The desired trajectory of mobile robots is shown in Figure 9. The real-time state of motion experiment at each moment is shown in Figure 10. By using the proposed dynamic exponential-reaching sliding mode control strategy, the mobile robots firstly moved in a straight line in 3.64 s. After that, the mobile robots turned right-angled successfully. In the experiment, the mobile robots maintained a good stability and precise tracking capability without understeer or oversteer. The experimental results show that the proposed dynamic exponential-reaching sliding mode control strategy can be applied to steering motion control of a mobile robot for greenhouse spraying effectively.

The desired trajectory of turning control of mobile robot.

Greenhouse turning tests of mobile robot. (a) t = 3.64 s. (b) t = 4.04 s. (c) t = 4.24 s. (d) t = 4.30 s. (e) t = 4.40 s. (f) t = 4.50 s.
Conclusion
This research focuses on how to improve the turning control stability of a four-wheel independent driving greenhouse spraying mobile robot turning in the greenhouse.

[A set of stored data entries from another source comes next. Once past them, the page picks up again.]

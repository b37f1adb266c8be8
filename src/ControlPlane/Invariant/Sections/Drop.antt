-- ===== src/ControlPlane/Invariant/Sections/Drop.antt =====
-- `dropTracked` keeps the invariant.
use lean_sandbox.Common.{ℕ, ◌≡◌, inl, inr, none, some, arith, get_elem?, Bool-cases, Option-cases}
use lean_sandbox.Common.Dict.{nat_eq, bytes_eq, get, delete, get-delete}
use lean_sandbox.Api.{SandboxId}
use lean_sandbox.ControlPlane.{
  Sandbox, ControlPlane, warm_refs, remove_warm_ref, find, drop_tracked,
}
use lean_sandbox.ControlPlane.Heap.{Has, Distinct, remove_ref-Removes}
use lean_sandbox.ControlPlane.Invariant.{System, Idle, Inv, put_induction}

pub find-eq_some :
    (cp : ControlPlane) (id : SandboxId) {a : ℕ} {sb : Sandbox}
    → find cp id ≡ some (a, sb)
    → (get id cp.by_id ≡ some a) × (get_elem? cp.heap a ≡ some sb)
unfolding find
find-eq_some cp id {a} {sb} e = elim (Option-cases (get id cp.by_id)) [
  | inl n ↦ absurd (ground arith)
  | inr (b, h) ↦ (ground arith, ground arith)
]

-- The control plane without the entry of an id.
abbrev pub forget : ControlPlane → SandboxId → ControlPlane
forget cp id = record cp { by_id = delete id cp.by_id }

forget-Inv : (s : System) (id : SandboxId) → Inv s → Inv (record s { cp = forget s.cp id })
forget-Inv s id v = record {
  ids = λ i a e. v.ids i a (ground (arith, get-delete id i s.by_id));
  warm = v.warm;
  once = v.once;
  unique = v.unique;
  waiting = v.waiting;
  waits_once = v.waits_once;
}

remove_warm_ref-Inv :
    (s : System) (sb : Sandbox) → Inv s → Inv (record s { cp = remove_warm_ref s.cp sb })
unfolding remove_warm_ref
remove_warm_ref-Inv s sb v = elim (Bool-cases sb.claimed) [
  | inl c ↦ simp c v
  | inr c ↦ elim (remove_ref-Removes s.heap sb.id (warm_refs s.cp sb.image) (v.once sb.image)) [
    | inl (e, _) ↦ simp (c, e) v
    | inr (rest, a, e, i, h, n, sub, keep, d) ↦
        simp (c, e)
          (record {
            ids = v.ids;
            warm = λ img b.
                put_induction (λ i xs. Has b xs → Idle s.heap i b) s.cp sb.image img rest
                  (λ k. v.warm sb.image b (sub b k)) (λ _. v.warm img b);
            once = λ img.
                put_induction (λ _ xs. Distinct xs) s.cp sb.image img rest d (λ _. v.once img);
            unique = v.unique;
            waiting = λ b k.
                let (idle, m) = v.waiting b k in
                (
                  idle,
                  λ img.
                      put_induction (λ _ xs. ¬ Has b xs) s.cp sb.image img rest
                        (λ p. m sb.image (sub b p)) (λ _. m img),
                );
            waits_once = v.waits_once;
          })
  ]
]

pub drop_tracked_missing :
    (cp : ControlPlane) (id : SandboxId) → find cp id ≡ none → drop_tracked cp id ≡ (none, cp)
unfolding drop_tracked
drop_tracked_missing cp id e = rw (e, drop_tracked)

pub drop_tracked_found :
    (cp : ControlPlane) (id : SandboxId) {a : ℕ} {sb : Sandbox}
    → find cp id ≡ some (a, sb)
    → drop_tracked cp id ≡ (some sb, remove_warm_ref (forget cp id) sb)
unfolding drop_tracked
drop_tracked_found cp id e = rw (e, drop_tracked)

-- Taking a sandbox out of both maps keeps the invariant.
pub drop_tracked-Inv :
    (s : System) (id : SandboxId) → Inv s → Inv (record s { cp = (drop_tracked s.cp id).1 })
drop_tracked-Inv s id v = elim (Option-cases (find s.cp id)) [
  | inl n ↦ rw (drop_tracked_missing s.cp id n) v
  | inr ((a, sb), e) ↦
      rw (drop_tracked_found s.cp id e)
        (remove_warm_ref-Inv (record s { cp = forget s.cp id }) sb (forget-Inv s id v))
]
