-- ===== src/ControlPlane/Invariant/Sections/Renew.antt =====
-- `KeepAlive` keeps the invariant.
use lean_sandbox.Common.{
  ℕ, ◌≡◌, refl, sym, ◌∙◌, inl, inr, none, some, List, arith, ◌==◌, Bool-cases, Option-cases,
}
use lean_sandbox.Common.Int.{ℤ}
use lean_sandbox.Common.Text.{Bytes}
use lean_sandbox.Common.Dict.{nat_eq, bytes_eq}
use lean_sandbox.Api.{SandboxId}
use lean_sandbox.ControlPlane.{Sandbox, ControlPlane, modify, find, keep_alive}
use lean_sandbox.ControlPlane.Heap.{get_elem?-modify}
use lean_sandbox.ControlPlane.Invariant.{System, Idle, Inv, before_modify, after_modify}

pub keep_alive_missing :
    (cp : ControlPlane) (id : SandboxId) (now : ℤ)
    → find cp id ≡ none
    → keep_alive cp id now ≡ (none, cp)
unfolding keep_alive
keep_alive_missing cp id now e = rw (e, keep_alive)

-- The control plane after a lease is renewed.
abbrev pub renewed : ControlPlane → ℕ → ℤ → ControlPlane
renewed cp a now = record cp { heap = modify cp.heap a (λ x. record x { last_seen = now }) }

pub keep_alive_found :
    (cp : ControlPlane) (id : SandboxId) (now : ℤ) {a : ℕ} {sb : Sandbox}
    → find cp id ≡ some (a, sb)
    → keep_alive cp id now ≡ (some a, renewed cp a now)
unfolding keep_alive
keep_alive_found cp id now e = rw (e, keep_alive)

Idle-renew :
    (heap : List Sandbox) (image : Bytes) (a b : ℕ) (now : ℤ)
    → Idle heap image b
    → Idle (modify heap a (λ s. record s { last_seen = now })) image b
Idle-renew heap image a b now (x, e, i, c) = elim (Bool-cases (a == b)) [
  | inl h ↦ (
    record x { last_seen = now },
    ground (arith, get_elem?-modify heap a b (λ s. record s { last_seen = now })),
    i,
    c,
  )
  | inr h ↦ (x, ground (arith, get_elem?-modify heap a b (λ s. record s { last_seen = now })), i, c)
]

renewed-Inv :
    (s : System) (a : ℕ) (now : ℤ)
    → Inv s
    → Inv (record s {
      cp = record s.cp { heap = modify s.heap a (λ x. record x { last_seen = now }) };
    })
renewed-Inv s a now v =
    let f : Sandbox → Sandbox = λ x. record x { last_seen = now } in
    record {
      ids = λ i b e.
          let (x, h, j) = v.ids i b e in
          let (y, k, l) = after_modify s.heap a b f x (λ _. refl) h in (y, k, l ∙ j);
      warm = λ img b h. Idle-renew s.heap img a b now (v.warm img b h);
      once = v.once;
      unique = λ b c x y e g p.
          let (x', e', p') = before_modify s.heap a b f x (λ _. refl) e in
          let (y', g', q') = before_modify s.heap a c f y (λ _. refl) g in
          v.unique b c x' y' e' g' (p' ∙ p ∙ sym q');
      waiting = λ b h.
          let ((img, idle), n) = v.waiting b h in ((img, Idle-renew s.heap img a b now idle), n);
      waits_once = v.waits_once;
    }

-- Renewing a lease keeps the invariant.
pub keep_alive-Inv :
    (s : System) (id : SandboxId) (now : ℤ)
    → Inv s
    → Inv (record s { cp = (keep_alive s.cp id now).1 })
keep_alive-Inv s id now v = elim (Option-cases (find s.cp id)) [
  | inl n ↦ rw (keep_alive_missing s.cp id now n) v
  | inr ((a, sb), e) ↦ rw (keep_alive_found s.cp id now e) (renewed-Inv s a now v)
]
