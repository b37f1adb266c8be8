-- ===== src/ControlPlane/Invariant/Sections.antt =====
-- Each critical section keeps the invariant, whatever the others have done before it.
pub mod Claim
pub mod Register
pub mod Drop
pub mod Renew
pub use Claim.*
pub use Register.*
pub use Drop.*
pub use Renew.*
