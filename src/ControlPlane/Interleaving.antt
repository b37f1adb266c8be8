-- ===== src/ControlPlane/Interleaving.antt =====
-- The critical sections of any number of requests, refills and watchers, in any order: each is one
-- step, labelled with the address of the sandbox that it hands to a client, if it hands one.
pub mod Race
use lean_sandbox.Common.{
  ℕ, zero, suc, ◌+◌, ◌<◌, ◌≡◌, refl, sym, ap, ◌∙◌, ◌≢◌, Bool, true, false, ◌⊎◌, inl, inr, Option,
  none, some, List, [], ◌∷◌, ◌++◌, arith, length, get_elem?, ◌==◌, if◌then◌else◌, ==_iff, ==_refl,
  Bool-cases, Option-cases, lt-length_of_get_elem?, get_elem?-append_left, get_elem?-append_new,
}
use mathlib.Core.Path.{subst}
use lean_sandbox.Common.Int.{ℤ}
use lean_sandbox.Common.Text.{Bytes}
use lean_sandbox.Api.{SandboxId}
use lean_sandbox.Config.{Config}
use lean_sandbox.Common.Dict.{get}
use lean_sandbox.ControlPlane.{
  Sandbox, ControlPlane, initial, modify, warm_refs, claim_at, claim_warm, register, append_warm,
  drop_tracked, keep_alive, find, remove_warm_ref,
}
use lean_sandbox.ControlPlane.Heap.{Has, Distinct, get_elem?-modify, Has-append}
use lean_sandbox.ControlPlane.Invariant.{System, Idle, Inv, claim_warm-eq_some}
use lean_sandbox.ControlPlane.Invariant.Sections.{
  IsFresh, claim_warm-Inv, register-Inv, register_pending-Inv, append_warm-Inv, drop_tracked-Inv,
  keep_alive-Inv, old, drop_tracked_missing, drop_tracked_found, keep_alive_missing,
  keep_alive_found,
}

-- The refill's sandboxes without the one that it appends.
unfoldable pub without : ℕ → List ℕ → List ℕ
without a [] = []
without a (x ∷ xs) = let rest = without a xs in if x == a then rest else x ∷ rest

pub without-Has : (a b : ℕ) (xs : List ℕ) → Has b (without a xs) → Has b xs × (b ≢ a)
unfolding without
without-Has a b [] h = absurd h
without-Has a b (x ∷ xs) h = elim (Bool-cases (x == a)) [
  | inl e ↦ let (k, n) = without-Has a b xs (rw e at h) in (inr k, n)
  | inr e ↦ elim (rw e at h) [
    | inl p ↦ (inl p, λ q. absurd (ground arith))
    | inr k ↦ let (m, n) = without-Has a b xs k in (inr m, n)
  ]
]

without-Distinct : (a : ℕ) (xs : List ℕ) → Distinct xs → Distinct (without a xs)
unfolding without
without-Distinct a [] d = tt
without-Distinct a (x ∷ xs) d = elim (Bool-cases (x == a)) [
  | inl e ↦ rw e (without-Distinct a xs d.1)
  | inr e ↦ rw e ((λ h. d.0 (without-Has a x xs h).0), without-Distinct a xs d.1)
]

pub data Step : System → System → Option ℕ → Type 0 where
  -- `NewSandbox` finds a warm sandbox
  claims :
      (s : System) (image : Bytes) (now : ℤ) (a : ℕ) (cp : ControlPlane)
      → claim_warm s.cp image now ≡ some (a, cp)
      → Step s (record s { cp = cp }) (some a)
  -- `NewSandbox` registers a sandbox that it has created
  registers :
      (s : System) (sb : Sandbox)
      → IsFresh s.heap sb.id
      → sb.claimed ≡ true
      → Step s (record s { cp = register s.cp sb }) (some (length s.heap))
  -- `refillWarmPool` registers a sandbox that it has created
  warms :
      (s : System) (sb : Sandbox)
      → IsFresh s.heap sb.id
      → sb.claimed ≡ false
      → Step s (record { cp = register s.cp sb; pending = s.pending ++ length s.heap ∷ [] }) none
  -- and appends it to the list of its image
  appends :
      (s : System) (a : ℕ) (sb : Sandbox)
      → Has a s.pending
      → get_elem? s.heap a ≡ some sb
      → Step s (record { cp = append_warm s.cp sb.image a; pending = without a s.pending }) none
  -- `DeleteSandbox`, and `dropTracked` of the watcher
  drops : (s : System) (id : SandboxId) → Step s (record s { cp = (drop_tracked s.cp id).1 }) none
  renews :
      (s : System) (id : SandboxId) (now : ℤ)
      → Step s (record s { cp = (keep_alive s.cp id now).1 }) none

pub Step-Inv : {s t : System} {l : Option ℕ} → Step s t l → Inv s → Inv t
Step-Inv (claims s image now a cp e) v = claim_warm-Inv s image now v e
Step-Inv (registers s sb f c) v = register-Inv s v sb f
Step-Inv (warms s sb f c) v = register_pending-Inv s v sb f c
Step-Inv (appends s a sb h e) v =
    let ((img, (x, f, i, c)), n) = v.waiting a h in
    append_warm-Inv s sb.image a (without a s.pending) v (sb, e, refl, ground arith) n
      (without-Distinct a s.pending v.waits_once) (λ k. (without-Has a a s.pending k).1 refl)
      (λ b k. (without-Has a b s.pending k).0)
Step-Inv (drops s id) v = drop_tracked-Inv s id v
Step-Inv (renews s id now) v = keep_alive-Inv s id now v

-- A sandbox of which `P` holds stands at the address.
abbrev pub Stands : (Sandbox → Type 0) → List Sandbox → ℕ → Type 0
Stands P heap a = (sb : Sandbox) × (get_elem? heap a ≡ some sb) × P sb

abbrev pub IsClaimed : List Sandbox → ℕ → Type 0
IsClaimed heap a = Stands (λ sb. sb.claimed ≡ true) heap a

pub heap-drop_tracked : (cp : ControlPlane) (id : SandboxId) → (drop_tracked cp id).1.heap ≡ cp.heap
heap-drop_tracked cp id = elim (Option-cases (find cp id)) [
  | inl n ↦ rw (drop_tracked_missing cp id n)
  | inr ((a, sb), e) ↦ rw (drop_tracked_found cp id e) (unfold remove_warm_ref in ground arith)
]

-- What a claim and a renewal keep of a sandbox.
module _ (P : Sandbox → Type 0) (by_claim : (now : ℤ) (x : Sandbox) → P x → P (claim_at now x))
    (by_renewal : (now : ℤ) (x : Sandbox) → P x → P (record x { last_seen = now })) where
  Stands-modify :
      (heap : List Sandbox) (a b : ℕ) (f : Sandbox → Sandbox)
      → ((x : Sandbox) → P x → P (f x))
      → Stands P heap b
      → Stands P (modify heap a f) b
  Stands-modify heap a b f keep (x, e, c) = elim (Bool-cases (a == b)) [
    | inl h ↦ (f x, ground (arith, get_elem?-modify heap a b f), keep x c)
    | inr h ↦ (x, ground (arith, get_elem?-modify heap a b f), c)
  ]

  Stands-register :
      (cp : ControlPlane) (sb : Sandbox) (b : ℕ)
      → Stands P cp.heap b
      → Stands P (register cp sb).heap b
  unfolding register
  Stands-register cp sb b (x, e, k) = (x, old cp.heap sb b e, k)

  Stands-keep_alive :
      (cp : ControlPlane) (id : SandboxId) (now : ℤ) (b : ℕ)
      → Stands P cp.heap b
      → Stands P (keep_alive cp id now).1.heap b
  Stands-keep_alive cp id now b h = elim (Option-cases (find cp id)) [
    | inl n ↦ rw (keep_alive_missing cp id now n) h
    | inr ((a, sb), e) ↦
        rw (keep_alive_found cp id now e)
          (Stands-modify cp.heap a b (λ x. record x { last_seen = now }) (by_renewal now) h)
  ]

  pub Step-Stands :
      {s t : System} {l : Option ℕ} (b : ℕ) → Step s t l → Stands P s.heap b → Stands P t.heap b
  Step-Stands b (claims s image now a cp e) h =
      let (rest, w, c) = claim_warm-eq_some s.cp image now e in
      rw c (Stands-modify s.heap a b (claim_at now) (by_claim now) h)
  Step-Stands b (registers s sb f c) h = Stands-register s.cp sb b h
  Step-Stands b (warms s sb f c) h = Stands-register s.cp sb b h
  Step-Stands b (appends s a sb m e) h = unfold append_warm in h
  Step-Stands b (drops s id) h = rw (heap-drop_tracked s.cp id) h
  Step-Stands b (renews s id now) h = Stands-keep_alive s.cp id now b h

-- A sandbox that is claimed stays claimed.
Step-IsClaimed :
    {s t : System} {l : Option ℕ} (b : ℕ) → Step s t l → IsClaimed s.heap b → IsClaimed t.heap b
Step-IsClaimed b step h =
    Step-Stands (λ sb. sb.claimed ≡ true) (λ now x c. refl) (λ now x c. c) b step h

-- What a step hands out was not claimed before it, and is after it.
pub Step-hands :
    {s t : System} {l : Option ℕ} (a : ℕ)
    → Step s t l
    → Inv s
    → l ≡ some a
    → ¬ IsClaimed s.heap a × IsClaimed t.heap a
Step-hands a (claims s image now b cp e) v p =
    let (rest, w, c) = claim_warm-eq_some s.cp image now e in
    let (x, f, i, k) = v.warm image b (rw w ((Has-append b rest (b ∷ [])).1 (inr (inl refl)))) in
    let q : b ≡ a = ground arith in
    subst (λ t. ¬ IsClaimed s.heap t × IsClaimed cp.heap t) q
      (
        (λ (y, g, m). absurd (ground arith)),
        rw c (
          claim_at now x,
          ground (arith, get_elem?-modify s.heap b b (claim_at now), ==_refl b),
          refl,
        ),
      )
Step-hands a (registers s sb f c) v p =
    let q : length s.heap ≡ a = ground arith in
    subst (λ t. ¬ IsClaimed s.heap t × IsClaimed (register s.cp sb).heap t) q
      (
        (λ (y, g, m). omega (arith, lt-length_of_get_elem? s.heap (length s.heap) g)),
        (sb, unfold register in get_elem?-append_new s.heap sb, c),
      )
Step-hands a (warms s sb f c) v p = absurd (cc)
Step-hands a (appends s b sb m e) v p = absurd (cc)
Step-hands a (drops s id) v p = absurd (cc)
Step-hands a (renews s id now) v p = absurd (cc)

-- The addresses handed to clients, the latest first.
abbrev pub hand : Option ℕ → List ℕ → List ℕ
hand none hs = hs
hand (some a) hs = a ∷ hs

pub data Run (s : System) : System → List ℕ → Type 0 where
  here : Run s s []
  next : {t u : System} {l : Option ℕ} {hs : List ℕ} → Run s t hs → Step t u l → Run s u (hand l hs)

pub Run-Stands :
    (P : Sandbox → Type 0)
    → ((now : ℤ) (x : Sandbox) → P x → P (claim_at now x))
    → ((now : ℤ) (x : Sandbox) → P x → P (record x { last_seen = now }))
    → {s t : System} {hs : List ℕ} (b : ℕ) → Run s t hs
    → Stands P s.heap b
    → Stands P t.heap b
Run-Stands P c r b here h = h
Run-Stands P c r b (next run step) h = Step-Stands P c r b step (Run-Stands P c r b run h)

abbrev AllClaimed : System → List ℕ → Type 0
AllClaimed t hs = (a : ℕ) → Has a hs → IsClaimed t.heap a

hand-Distinct :
    {s t : System} (l : Option ℕ) (hs : List ℕ)
    → Step s t l
    → Inv s
    → AllClaimed s hs
    → Distinct hs
    → Distinct (hand l hs) × AllClaimed t (hand l hs)
hand-Distinct none hs st v k d = (d, λ a h. Step-IsClaimed a st (k a h))
hand-Distinct {s} {t} (some a) hs st v k d =
    let (before, after) = Step-hands a st v refl in
    (
      ((λ h. before (k a h)), d),
      λ b h. elim h [
        | inl p ↦ subst (IsClaimed t.heap) (sym p) after
        | inr m ↦ Step-IsClaimed b st (k b m)
      ],
    )

Run-Inv : {s t : System} {hs : List ℕ} → Run s t hs → Inv s → Inv t
Run-Inv here v = v
Run-Inv (next r st) v = Step-Inv st (Run-Inv r v)

Run-Distinct : {s t : System} {hs : List ℕ} → Run s t hs → Inv s → Distinct hs × AllClaimed t hs
Run-Distinct here v = (tt, λ a h. absurd h)
Run-Distinct (next {l} {hs} r st) v =
    let (d, k) = Run-Distinct r v in hand-Distinct l hs st (Run-Inv r v) k d

abbrev pub start : Config → Bytes → System
start config key = record { cp = initial config key; pending = [] }

pub start-Inv : (config : Config) (key : Bytes) → Inv (start config key)
start-Inv config key = record {
  ids = λ i a e. unfold get in cc e;
  warm = λ image a h. unfold get in absurd h;
  once = λ image. unfold get in tt;
  unique = λ a b x y e f p. absurd (cc e);
  waiting = λ a h. absurd h;
  waits_once = tt;
}

-- From an empty control plane, in every interleaving of the critical sections of requests, refills,
-- deletions, watchers and renewals, the maps and the heap agree, and no sandbox is handed to two
-- clients.
pub Run-exclusive :
    (config : Config) (key : Bytes) (t : System) (hs : List ℕ)
    → Run (start config key) t hs
    → Inv t × Distinct hs
Run-exclusive config key t hs r =
    let v = start-Inv config key in (Run-Inv r v, (Run-Distinct r v).0)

The main research and innovative work are as follows: For the problem of the steering control of the four-wheel independently driven greenhouse spraying mobile robot, the dynamic model of four-wheel independent steering and the expected motion model of sideslip angle and yaw velocity of the mobile robot are established using D’Alembert’s principle. A dynamic exponential-reaching sliding mode control strategy is proposed by taking the mass-center sideslip angle and the yaw velocity of the robot as the state controlled variables of the control system. Simulation experiments are respectively carried out on the steering stability of the four-wheel greenhouse spraying mobile robot on the conditions of the feedforward–feedback control and the exponential-reaching sliding mode control. The simulation results show that the dynamic exponential-reaching sliding mode control can control the mass-center sideslip angle and the yaw velocity of the robot in steering motions more effectively, generate the transient and steady responses better, and improve the steering stability of the mobile robot. The proposed control strategy is realized through VC++ software programming, and the steering motion experiment is carried out in the greenhouse. The experimental results further verify the feasibility of the proposed exponential-reaching dynamic sliding mode control strategy, and it can be applied to steering motion control of a mobile robot for greenhouse spraying more effectively and also lays a foundation for the precise spraying of a mobile robot in the greenhouse.
Footnotes
Declaration of conflicting interests
The author(s) declared no potential conflicts of interest with respect to the research, authorship, and/or publication of this article.
Funding
The author(s) disclosed receipt of the following financial support for the research, authorship, and/or publication of this article: This work was supported by National Natural Science Foundation of China (grant no 51375210) and the Priority Academic Program Development of Jiangsu Higher Education Institutions and Science and Technology Program of Jingkou, Zhenjiang, China (grant no jkGY2013002).